The prisoners ``are good neighbors,'' and the prisons bring in $1 million in revenue, he said.

Towns express interest

Although the men's prison does not house the higher security risks like those in Somers, home of Northern Correctional Institution, hearing praises from some of the 12 towns that have state prisons has turned the head of some communities that don't.

``At least to me it says it isn't a totally bad idea,'' said Ledyard Mayor Wesley J. Johnson Sr.

Johnson sent a letter to the state saying that he planned to attend Wednesday's meeting, a decision that came about after a property owner approached him saying his land might be suitable for a prison. Johnson had told the man, who has remained anonymous, that he would go to the meeting if he found there was some support in town for a prison. ``Surprisingly, people were not totally, totally against it,'' he said. Ditto for New Britain, where the mayor's office has received no phone calls or e-mails opposing the idea of building a prison there.

``This is an effort to look at another course of revenue,'' said John Bairos, chief of staff to New Britain Mayor Lucian Pawlak.

And even the farming community of Lebanon, which this month rejected plans for a pitch and putt golf course proposed for the back lot of a historic home, is sending a representative to the meeting in Cheshire.

``They pay taxes, and it is an industry that does create jobs, '' Lebanon First Selectwoman Joyce R. Okonuk said. ``Right now it's simply information-gathering.''

Annual revenues exceeding $1 million can be attractive to small towns such as Lebanon, where residents - who carry the heaviest tax burden - are stingy with spending. Voters traditionally reject the annual budget three or four times before passing it, and have defeated plans for a new public works garage.
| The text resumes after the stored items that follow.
-- ===== src/ZcopyServer/Delivery.antt =====
-- internal/s3rdmaserver/zcopy/service.go: what a peer can receive, in any order of steps
use rdma_demo.Base.{
  ℕ, ◌≡◌, refl, sym, subst, Bool, Option, none, some, List, [], ◌∷◌, ◌++◌, arith, inl, inr, ◌∙◌,
  All,
}
use rdma_demo.Base.Int.{ℤ, pos, ◌≤ℤ◌}
use rdma_demo.Base.Text.{Str}
use rdma_demo.ZcopyProto.{Message, Json}
use rdma_demo.RdmaStore.{Object}
use rdma_demo.ZcopyServer.Conn.{
  ZcopyConn, Borrowed, Wait, blocks, granted, refused, wait_credit, new_conn,
}
use rdma_demo.ZcopyServer.Handlers.{
  ObjectStore, GetTask, begun, waiting, holding, Session, GetCheck, get_refused, get_offered,
  act_get, check_get, handle_get,
}
use rdma_demo.ZcopyServer.Session.{run_task}
use rdma_demo.ZcopyServer.Requests.{check_get-offered}
use rdma_demo.ZcopyServer.Conn.{send_payload}
use rdma_demo.ZcopyServer.Frames.{
  Framed, empty, Framed-Plain, send_payload-Framed, handle_get-Plain,
}
use rdma_demo.ZcopyServer.Interleaving.{
  Step, arrives, serves, gets, Run, here, next, fresh, option_list,
}
use rdma_demo.ZcopyServer.Rounds.{Quiet, serve_round-Quiet}

module _ {S : Type 0} (api : ObjectStore S) where
  -- A body of an object of the store.
  abbrev pub Held : S → Str → Type 0
  Held store p =
      (bucket key : Str) × (obj : Object) × (api.get_object bucket key store ≡ some obj)
      × (p ≡ obj.body)

  abbrev pub Stored : S → Str → ℤ → Type 0
  Stored store p o = (pos 0 ≤ℤ o) × Held store p

  abbrev TaskSound : S → GetTask → Type 0
  TaskSound store (begun m) = Unit
  TaskSound store (waiting r p o) = Held store p
  TaskSound store (holding r p o) = Held store p

  -- What holds of every state that a run from `store` reaches.
  record Sound (store : S) (t : Session S) : Type 0 where
    frames : Framed (Stored store) t.zc.sent
    pending : All (TaskSound store) t.tasks
    reads : (bucket key : Str) → api.get_object bucket key t.store ≡ api.get_object bucket key store

  All-split : (P : GetTask → Type 0) (xs ys : List GetTask) → All P (xs ++ ys) → All P xs × All P ys
  All-split P [] ys h = (tt, h)
  All-split P (x ∷ xs) ys (px, h) = let (a, b) = All-split P xs ys h in ((px, a), b)

  All-join : (P : GetTask → Type 0) (xs ys : List GetTask) → All P xs → All P ys → All P (xs ++ ys)
  All-join P [] ys h k = k
  All-join P (x ∷ xs) ys (px, h) k = (px, All-join P xs ys h k)

  Quiet-Sound : {store : S} {t u : Session S} → Quiet api t u → Sound store t → Sound store u
  Quiet-Sound {store} {t} {u} q h = record {
    frames = Framed-Plain t.zc u.zc q.sends h.frames;
    pending = elim q.begins [
      | inl same ↦ subst (All (TaskSound store)) (sym same) h.pending
      | inr (m, more) ↦
          subst (All (TaskSound store)) (sym more)
            (All-join (TaskSound store) t.tasks (begun m ∷ []) h.pending (tt, tt))
    ];
    reads = λ bucket key. q.reads bucket key ∙ h.reads bucket key;
  }

  offered_Held :
      (delivers : ℕ → Bool) (msg : Message) (zc : ZcopyConn) (store s0 : S)
      → ((bucket key : Str) → api.get_object bucket key store ≡ api.get_object bucket key s0)
      → All (TaskSound s0) (option_list (handle_get api delivers msg zc store).1)
  unfolding handle_get act_get
  offered_Held delivers msg zc store s0 same = cases (check_get api msg store) refl
    where
      cases :
          (c : GetCheck)
          → check_get api msg store ≡ c
          → All (TaskSound s0) (option_list (act_get api delivers msg.req_id c zc).1)
      cases (get_refused text) e = tt
      cases (get_offered p o) e =
          let (obj, found, body, offset, max, fits) = check_get-offered api msg store p o e in
          ((_, _, obj, sym (same _ _) ∙ found, body), tt)

  run_task-Sound :
      (limit : ℤ) (delivers : ℕ → Bool) (task : GetTask) (zc zc' : ZcopyConn) (store s0 : S)
      (rest : Option GetTask)
      → run_task api limit delivers task zc store ≡ some (zc', rest)
      → ((bucket key : Str) → api.get_object bucket key store ≡ api.get_object bucket key s0)
      → TaskSound s0 task
      → Framed (Stored s0) zc.sent
      → Framed (Stored s0) zc'.sent × All (TaskSound s0) (option_list rest)
  unfolding run_task wait_credit
  run_task-Sound limit delivers (begun msg) zc zc' store s0 rest e same ok framed =
      let r = handle_get api delivers msg zc store in
      let conn_eq : r.0 ≡ zc' = ground arith in
      let rest_eq : r.1 ≡ rest = ground arith in
      (
        subst (λ z. Framed (Stored s0) z.sent) conn_eq
            (Framed-Plain zc r.0 (handle_get-Plain api delivers msg zc store) framed),
        subst (λ k. All (TaskSound s0) (option_list k)) rest_eq
            (offered_Held delivers msg zc store s0 same),
      )
  run_task-Sound limit delivers (waiting r p o) zc zc' store s0 rest e same ok framed =
      waits (wait_credit zc) refl
    where
      waits :
          (w : Wait)
          → wait_credit zc ≡ w
          → Framed (Stored s0) zc'.sent × All (TaskSound s0) (option_list rest)
      waits blocks h = absurd (ground arith)
      waits (refused x) h =
          let conn_eq : zc.sent ≡ zc'.sent = ground arith in
          let rest_eq : none ≡ rest = ground arith in
          (
            subst (Framed (Stored s0)) conn_eq framed,
            subst (λ k. All (TaskSound s0) (option_list k)) rest_eq tt,
          )
      waits (granted z) h =
          let conn_eq : zc.sent ≡ zc'.sent = ground arith in
          let rest_eq : some (holding r p o) ≡ rest = ground arith in
          (
            subst (Framed (Stored s0)) conn_eq framed,
            subst (λ k. All (TaskSound s0) (option_list k)) rest_eq (ok, tt),
          )
  run_task-Sound limit delivers (holding r p o) zc zc' store s0 rest e same ok framed =
      let conn_eq : (send_payload delivers r p o zc).0 ≡ zc' = ground arith in
      let rest_eq : none ≡ rest = ground arith in
      (
        subst (λ z. Framed (Stored s0) z.sent) conn_eq
            (send_payload-Framed delivers r p o zc (λ nonneg. (nonneg, ok)) framed),
        subst (λ k. All (TaskSound s0) (option_list k)) rest_eq tt,
      )

  module _ (limit : ℤ) (delivers : ℕ → Bool) (json : Json) where
    Step-Sound :
        {store : S} {t u : Session S} {g : ℕ}
        → Step api limit delivers json t g u
        → Sound store t
        → Sound store u
    Step-Sound (arrives t m) h = record { frames = h.frames; pending = h.pending; reads = h.reads }
    Step-Sound (serves t g _ _) h = Quiet-Sound (serve_round-Quiet api limit delivers json t) h
    Step-Sound {store} (gets t before after task zc rest e r) h =
        let (front, (task_ok, back)) =
          All-split (TaskSound store) before (task ∷ after)
            (subst (All (TaskSound store)) e h.pending) in
        let (frames, left) =
          run_task-Sound limit delivers task t.zc zc t.store store rest r h.reads task_ok
            h.frames in
        record {
          frames = frames;
          pending =
              All-join (TaskSound store) before (option_list rest ++ after) front
                (All-join (TaskSound store) (option_list rest) after left back);
          reads = h.reads;
        }

    Run-Sound :
        {store : S} {s t : Session S} {g : ℕ}
        → Run api limit delivers json s g t
        → Sound store s
        → Sound store t
    Run-Sound here h = h
    Run-Sound (next r st _) h = Step-Sound st (Run-Sound r h)

    fresh-Sound : (inbox : List Borrowed) (store : S) → Sound store (fresh inbox store)
    unfolding new_conn
    fresh-Sound inbox store = record { frames = empty; pending = tt; reads = λ bucket key. refl }

    -- In every interleaving of the serving loop, the GET goroutines and the peer, the frames sent to
    -- the peer are control messages, and payloads that each come directly after the get_meta message
    -- with their size and their offset; the offset is not negative, and the payload is the body of an
    -- object that the store had when the connection was made.
    pub sent-Framed :
        (inbox : List Borrowed) (store : S) {t : Session S} {g : ℕ}
        → Run api limit delivers json (fresh inbox store) g t
        → Framed (Stored store) t.zc.sent
    sent-Framed inbox store r = (Run-Sound r (fresh-Sound inbox store)).frames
The correction department, facing criticism for sending almost 500 inmates to prison in Virginia, solicited for municipalities interested in housing new prison space. The state's inmate population has nearly doubled from 8,777 a decade ago to 17,408 this year.

There is $25 million available for expanding existing prisons, and municipalities have until Sept. 1 to file applications for new prison cells.

The upside of being a host town is employment, along with state revenue called payments in lieu of taxes, said Enfield Town Manager Scott Shanley, who has submitted a letter of interest. Enfield and Somers are each home to two prisons, and share another: the medium-security Willard-Cybulski Correctional Institution. Last year, Enfield received $1.8 million in lieu of taxes.

``But you also have to ask what strain do those facilities put on the town's infrastructure," Shanley said. "They have three shifts. What traffic do they generate?"

Residents in northern Enfield frequently complain about heavy traffic along routes to the prisons, particularly before and after shift changes.

In East Lyme, the prisons use 24 percent of the municipal water supply, so the town would want the state to drill more wells, Fraser said.

Lebanon's Okonuk wonders if prisoners would stay in town when they are released. Correction spokeswoman Christina M. Polce said that upon release, inmates without their own rides might be driven by a correction worker to the city closest to home.

Cheshire Town Manager Michael Milone was adamant Monday that his town is not interested in expanding the facility there, but will attend the meeting.